Sovereign immunity plays a central role in this outcome. It allows the state to acknowledge breach while resisting consequence, to concede injustice while refusing restitution, and to substitute monetary settlements for obligations that were never reducible to money—particularly land, sovereignty, and self-determination. The government becomes, simultaneously, the breaching party and the arbiter of remedy.
For lawyers, this should be deeply unsettling. If even treaties—the highest form of legal commitment—are unenforceable against the state absent its consent, then sovereign immunity is not a procedural doctrine. It is a hierarchy. And it places the sovereign above the law it claims to administer.
The result has been the structural subjugation of Indigenous peoples through law rather than despite it. Land is taken and not returned. Jurisdiction is narrowed and not restored. Promises are acknowledged and then declared nonjusticiable. The inhumanity lies not only in the outcomes, but in the legal architecture that renders those outcomes permanent.
Sovereign immunity also distorts constitutional law more broadly. Rights are articulated as fundamental, but their enforcement depends on whether the state has consented to be held accountable for violating them. This converts rights into aspirations rather than guarantees. From a legal standpoint, the implication is stark: a right without a remedy is not a right at all, but a statement of values without binding force.

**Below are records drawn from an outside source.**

-- ===== src/Consumer/Samples.antt =====
-- Test data: a server that carries everything out, packages that meet their laws, and a shop with
-- three orders, one of them delivered.
mod Witnesses
mod Polls
mod Rows
mod Successes
mod Bills
use observability_lab.Prelude.{
  ℕ, zero, suc, String, ◌==◌, Option, none, some, Bool, true, false, List, [], ◌∷◌, map, ◌≡◌, refl,
  if◌then◌else◌,
}
use observability_lab.Server.{Server, Fate, clear}
use observability_lab.Broker.{Ack, acked}
use observability_lab.Result.{Error}
use observability_lab.Payload.{
  Field, absent, null, given, Place, ItemData, ClientData, AddressData, EventData, Event,
}
use observability_lab.Tables.{
  Client, Address, Order, OrderStatusHistory, ProcessedWebhookEvent, Database, empty,
}
use observability_lab.Session.{Conn, Tx}
use observability_lab.Sql.Stored.{Line, item_of}
use observability_lab.Consumer.Process.{Reply}
use observability_lab.Consumer.Handle.{Packages, again, Message, State}

instance abbrev pub binary : Server
binary = record {
  sort_key = λ t. t;
  time = λ n. n;
  process_time = λ n. n;
  identity = λ n. suc (suc (suc (suc n)));
  fate = λ n. clear;
}

unfoldable pub retry_loop : (Error → Bool) → ℕ → Tx Reply → Tx Reply
retry_loop test zero m c = m c
retry_loop test (suc zero) m c = m c
retry_loop test (suc (suc n)) m c = again test (retry_loop test (suc n) m) (m c)

pub retry_loop-once : (test : Error → Bool) (m : Tx Reply) (c : Conn) → retry_loop test 1 m c ≡ m c
unfolding retry_loop
retry_loop-once test m c = refl

pub retry_loop-again :
    (test : Error → Bool) (n : ℕ) (m : Tx Reply) (c : Conn)
    → retry_loop test (suc (suc n)) m c ≡ again test (retry_loop test (suc n) m) (m c)
unfolding retry_loop
retry_loop-again test n m c = refl

abbrev pub no_data : EventData
no_data = record {
  client = absent;
  address = absent;
  items = absent;
  external_order_id = absent;
  total_amount = absent;
  currency = absent;
  order_date = absent;
  new_status = absent;
  external_payment_id = absent;
  external_invoice_id = absent;
  method = absent;
  status = absent;
  amount = absent;
  paid_at = absent;
  invoice_number = absent;
  issued_at = absent;
  pdf_url = absent;
}

abbrev pub status_event : String → String → String → Event
status_event id x t = record {
  event_id = given id;
  event_type = given "ORDER_STATUS_CHANGED";
  payload = given (record no_data { external_order_id = given x; new_status = given t });
}

-- An event that the ledger of the shop holds.
abbrev pub replay : Event
replay = status_event "evt-old" "ORD-2" "CANCELLED"

-- The values of the messages are the names of the events.
abbrev pub approve : Event
approve = status_event "evt-approve" "ORD-2" "APPROVED"

abbrev pub ship : Event
ship = status_event "evt-ship" "ORD-2" "SHIPPED"

abbrev pub reopen : Event
reopen = status_event "evt-reopen" "ORD-1" "PENDING"

-- The client of the shop moves, and orders two things from there.
abbrev pub new_home : Place (Field String)
new_home = record {
  street = given "Rua B";
  number = given "2";
  complement = null;
  neighborhood = given "Centro";
  city = given "Sao Paulo";
  state = given "SP";
  postal_code = given "01000-000";
  country = given "BR";
}

abbrev pub buyer : ClientData
buyer = record {
  external_client_id = given "CLI-1";
  name = given "Ana";
  email = given "ana@example.com";
  document = given "1";
}

abbrev pub new_address : AddressData
new_address = record { external_address_id = given "ADDR-1"; place = new_home }

abbrev pub lines : List Line
lines =
    record { sku = "SKU-1"; description = "Mouse"; quantity = 2; unit_price = 4990 }
    ∷ record { sku = "SKU-2"; description = "Mousepad"; quantity = 1; unit_price = 1990 }
    ∷ []

abbrev pub bought : EventData
bought = record no_data {
  client = given buyer;
  address = given new_address;
  items = given (map item_of lines);
  external_order_id = given "ORD-3";
  total_amount = given 11970;
}

abbrev pub buy : Event
buy = record {
  event_id = given "evt-buy";
  event_type = given "ORDER_CREATED";
  payload = given bought;
}

abbrev pub confirm : Event
confirm = status_event "evt-confirm" "ORD-3" "APPROVED"

abbrev pub loads : String → Option Event
loads t =
    if t == "approve"
    then some approve
    else if t == "ship"
    then some ship
    else if t == "reopen"
    then some reopen
    else if t == "replay"
    then some replay
    else if t == "buy"
    then some buy
    else if t == "confirm"
    then some confirm
    else none

abbrev pub packages : Packages
packages = record {
  loads = loads;
  describe = λ e. "error";
  decimal = λ n. "n";
  send = λ n. acked;
  commit = λ n. true;
  retry = retry_loop;
  retry_once = retry_loop-once;
  retry_again = retry_loop-again;
}

abbrev pub message : ℕ → String → Message
message n t = record { offset = n; value = t }

abbrev pub home : Place (Option String)
home = record {
  street = some "Rua A";
  number = some "1";
  complement = none;
  neighborhood = some "Centro";
  city = some "Sao Paulo";
  state = some "SP";
  postal_code = some "01000-000";
  country = some "BR";
}

abbrev pub order : ℕ → String → String → Order
order n x t = record {
  order_id = n;
  external_order_id = x;
  client_id = 1;
  address_id = 1;
  status = t;
  total_amount = 9980;
  currency = "BRL";
  order_date = 0;
  closed_at = none;
  created_at = 0;
  updated_at = 0;
}

abbrev pub row : ℕ → ℕ → Option String → String → OrderStatusHistory
row h n v t = record {
  history_id = h;
  order_id = n;
  previous_status = v;
  new_status = t;
  changed_at = 0;
  changed_by = "ingestion-consumer";
  source_event_id = none;
}

abbrev pub home_row : Address
home_row = record {
  address_id = 1;
  client_id = 1;
  external_address_id = "ADDR-1";
  place = home;
  valid_from = 0;
  valid_to = none;
  is_current = true;
  created_at = 0;
}

abbrev pub ana : Client
ana = record {
  client_id = 1;
  external_client_id = "CLI-1";
  name = "Ana";
  email = "ana@example.com";
  document = "1";
  created_at = 0;
  updated_at = 0;
}

abbrev pub shop : Database
shop = record empty {
  clients = ana ∷ [];
  address = home_row ∷ [];
  orders = order 2 "ORD-2" "PENDING" ∷ order 1 "ORD-1" "DELIVERED" ∷ [];
  order_status_history =
      row 3 2 none "PENDING" ∷ row 2 1 (some "PENDING") "DELIVERED" ∷ row 1 1 none "PENDING" ∷ [];
  processed_webhook_events =
      record {
        event_id = "evt-old";
        event_type = "ORDER_CREATED";
        received_at = 0;
        processed_at = some 0;
      }
      ∷ [];
}

abbrev pub start : State
start = record {
  conn = record { db = shop; tick = 0 };
  published = [];
  sends = 0;
  counts = [];
  committed = [];
  commits = 0;
}

-- Two polls: an approval with a reopening of the delivered order, then what follows.
abbrev pub polls : List (List (ℕ × List Message))
polls =
    ((0, message 7 "approve" ∷ message 8 "reopen" ∷ []) ∷ [])
    ∷ ((0, message 9 "approve" ∷ []) ∷ (1, message 3 "ship" ∷ message 4 "garbled" ∷ []) ∷ [])
    ∷ []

Seen through a systems lens, sovereign immunity is a form of option removal as strategy. By eliminating the possibility of suit, the system removes a critical corrective feedback loop. Errors do not propagate upward. They are contained, individualized, and normalized. The institution remains stable precisely because it does not have to learn.

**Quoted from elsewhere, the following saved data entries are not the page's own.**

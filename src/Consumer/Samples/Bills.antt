-- ===== src/Consumer/Samples/Bills.antt =====
-- Test data of the bills: a payment that is there already, and the first invoice of an order.
use observability_lab.Prelude.{◌==◌, none, some, [], ◌∷◌, if◌then◌else◌}
use observability_lab.Payload.{given, Event}
use observability_lab.Tables.{Payment, Database}
use observability_lab.Consumer.Handle.{Packages, State}
use observability_lab.Consumer.Samples.{binary, packages, no_data, shop, start}

abbrev pay : Event
pay = record {
  event_id = given "evt-pay";
  event_type = given "PAYMENT_CONFIRMED";
  payload = given (record no_data {
    external_order_id = given "ORD-2";
    external_payment_id = given "PAY-1";
    method = given "PIX";
    amount = given 9980;
    paid_at = given 7;
  });
}

abbrev bill : Event
bill = record {
  event_id = given "evt-bill";
  event_type = given "INVOICE_ISSUED";
  payload = given (record no_data {
    external_order_id = given "ORD-2";
    external_invoice_id = given "INV-1";
    invoice_number = given "2024-1";
    issued_at = given 8;
    amount = given 9980;
  });
}

abbrev billing : Packages
billing = record packages {
  loads = λ t. if t == "pay" then some pay else if t == "bill" then some bill else none;
}

abbrev pending : Payment
pending = record {
  payment_id = 1;
  external_payment_id = "PAY-1";
  order_id = 2;
  method = "PIX";
  status = "PENDING";
  amount = 9980;
  paid_at = none;
  created_at = 0;
  updated_at = 0;
}

abbrev pending_db : Database
pending_db = record shop { payment = pending ∷ [] }

abbrev awaiting : State
awaiting = record start { conn = record { db = pending_db; tick = 0 } }
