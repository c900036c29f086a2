-- ===== src/Consumer/Samples/Polls.antt =====
-- The polls of the test data, message by message.
use observability_lab.Prelude.{◌≡◌, refl, none, some, [], ◌∷◌}
use mathlib.Core.Path.{subst}
use observability_lab.Result.{ok}
use observability_lab.Payload.{Event}
use observability_lab.Consumer.Loop.{main_loop}
use observability_lab.Consumer.Progress.{HasType, main_loop-Advances}
use observability_lab.Consumer.Machine.{Runs, all_messages, shop_of}
use observability_lab.Consumer.Machine.Refines.{main_loop-Runs}
use observability_lab.Consumer.Samples.{binary, packages, start, approve, ship, reopen, polls}

typed : (a e : Event) → HasType a → some a ≡ some e → HasType e
typed a e h q = let same : a ≡ e = cc in subst HasType same h

untyped : (e : Event) → none ≡ some e → HasType e
untyped e q = cc

main_loop-Advances_example :
    ((main_loop packages polls start).0 ≡ ok tt)
    × ((main_loop packages polls start).1.committed ≡ (1, 5) ∷ (0, 10) ∷ (0, 9) ∷ [])
main_loop-Advances_example =
    main_loop-Advances packages polls start (λ n. refl)
      (
        (
          (
            λ e q. typed approve e (some "ORDER_STATUS_CHANGED", refl) q,
            ((λ e q. typed reopen e (some "ORDER_STATUS_CHANGED", refl) q), tt),
          ),
          tt,
        ),
        (
          (
            (λ e q. typed approve e (some "ORDER_STATUS_CHANGED", refl) q, tt),
            (
              (
                λ e q. typed ship e (some "ORDER_STATUS_CHANGED", refl) q,
                ((λ e q. untyped e q), tt),
              ),
              tt,
            ),
          ),
          tt,
        ),
      )

main_loop-Runs_example :
    Runs packages
      (all_messages polls)
      (shop_of start.conn.db)
      (shop_of (main_loop packages polls start).1.conn.db)
main_loop-Runs_example = main_loop-Runs packages polls start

This is why reform efforts focused on training, ethics, or leadership routinely disappoint. The problem is not primarily bad actors. It is structural insulation. A system that cannot be meaningfully challenged will eventually behave as though it cannot be wrong.

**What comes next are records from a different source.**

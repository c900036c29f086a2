-- ===== src/Consumer/Samples/Rows.antt =====
-- The shop with an item and a payment, and with the closing date of its delivered order.
use observability_lab.Prelude.{ℕ, List, refl, some, none, [], ◌∷◌, All}
use observability_lab.Tables.{Database, is_terminal}
use observability_lab.Consumer.Handle.{Message, State}
use observability_lab.Consumer.Loop.{main_loop}
use observability_lab.Consumer.Closing.{IsDated, orders-IsDated}
use observability_lab.Consumer.Linked.{AllLinked}
use observability_lab.Consumer.Linked.Owned.{AllOwned}
use observability_lab.Consumer.Linked.References.{references-AllLinked}
use observability_lab.Consumer.Samples.{binary, packages, message, order, shop, start, polls}

abbrev stocked : State
stocked = record start {
  conn = record {
    db = record shop {
      orders =
          order 2 "ORD-2" "PENDING"
          ∷ record (order 1 "ORD-1" "DELIVERED") { closed_at = some 0 }
          ∷ [];
      order_items =
          record {
            order_item_id = 1;
            order_id = 2;
            sku = "SKU-1";
            description = "Widget";
            quantity = 2;
            unit_price = 4990;
          }
          ∷ [];
      payment =
          record {
            payment_id = 1;
            external_payment_id = "PAY-1";
            order_id = 1;
            method = "PIX";
            status = "CONFIRMED";
            amount = 9980;
            paid_at = none;
            created_at = 0;
            updated_at = 0;
          }
          ∷ [];
    };
    tick = 0;
  };
}

abbrev finish : Database
finish = (main_loop packages polls stocked).1.conn.db

orders-IsDated_example : All IsDated finish.orders
unfolding is_terminal
orders-IsDated_example = orders-IsDated packages refl polls stocked (refl, (refl, tt))

-- A purchase from a new address comes before the polls.
abbrev purchases : List (List (ℕ × List Message))
purchases = ((1, message 2 "buy" ∷ []) ∷ []) ∷ polls

abbrev final : Database
final = (main_loop packages purchases stocked).1.conn.db

references-AllLinked_example :
    AllLinked final.orders final.order_items final.payment final.invoices
    × AllOwned final.clients final.address final.orders
references-AllLinked_example =
    references-AllLinked packages purchases stocked ((refl, tt), (refl, tt), tt)
      ((refl, refl), ((refl, refl), tt))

The deeper issue is legitimacy. Governments derive authority from the claim that they act on behalf of the people and under law. Sovereign immunity contradicts that claim. It asserts that the state is not merely a delegated agent, but a distinct legal entity elevated above those it governs. Once accountability becomes discretionary rather than inherent, legitimacy erodes—even if formal legality remains intact.
If law is to function as more than procedural compliance, sovereign immunity must be reexamined. Not abolished reflexively, but constrained seriously. Immunity should be exceptional, narrowly justified, and transparently defended—not inherited uncritically from feudal logic that a modern constitutional state claims to have rejected.
A system that cannot be sued is a system that cannot be corrected. And a system that cannot be corrected does not deserve the moral authority it claims. Sovereign immunity is not a technical necessity. It is a remarkable injustice—one that has long enabled the legal subjugation and inhumane treatment of Indigenous Nations, and continues to do so in plain sight.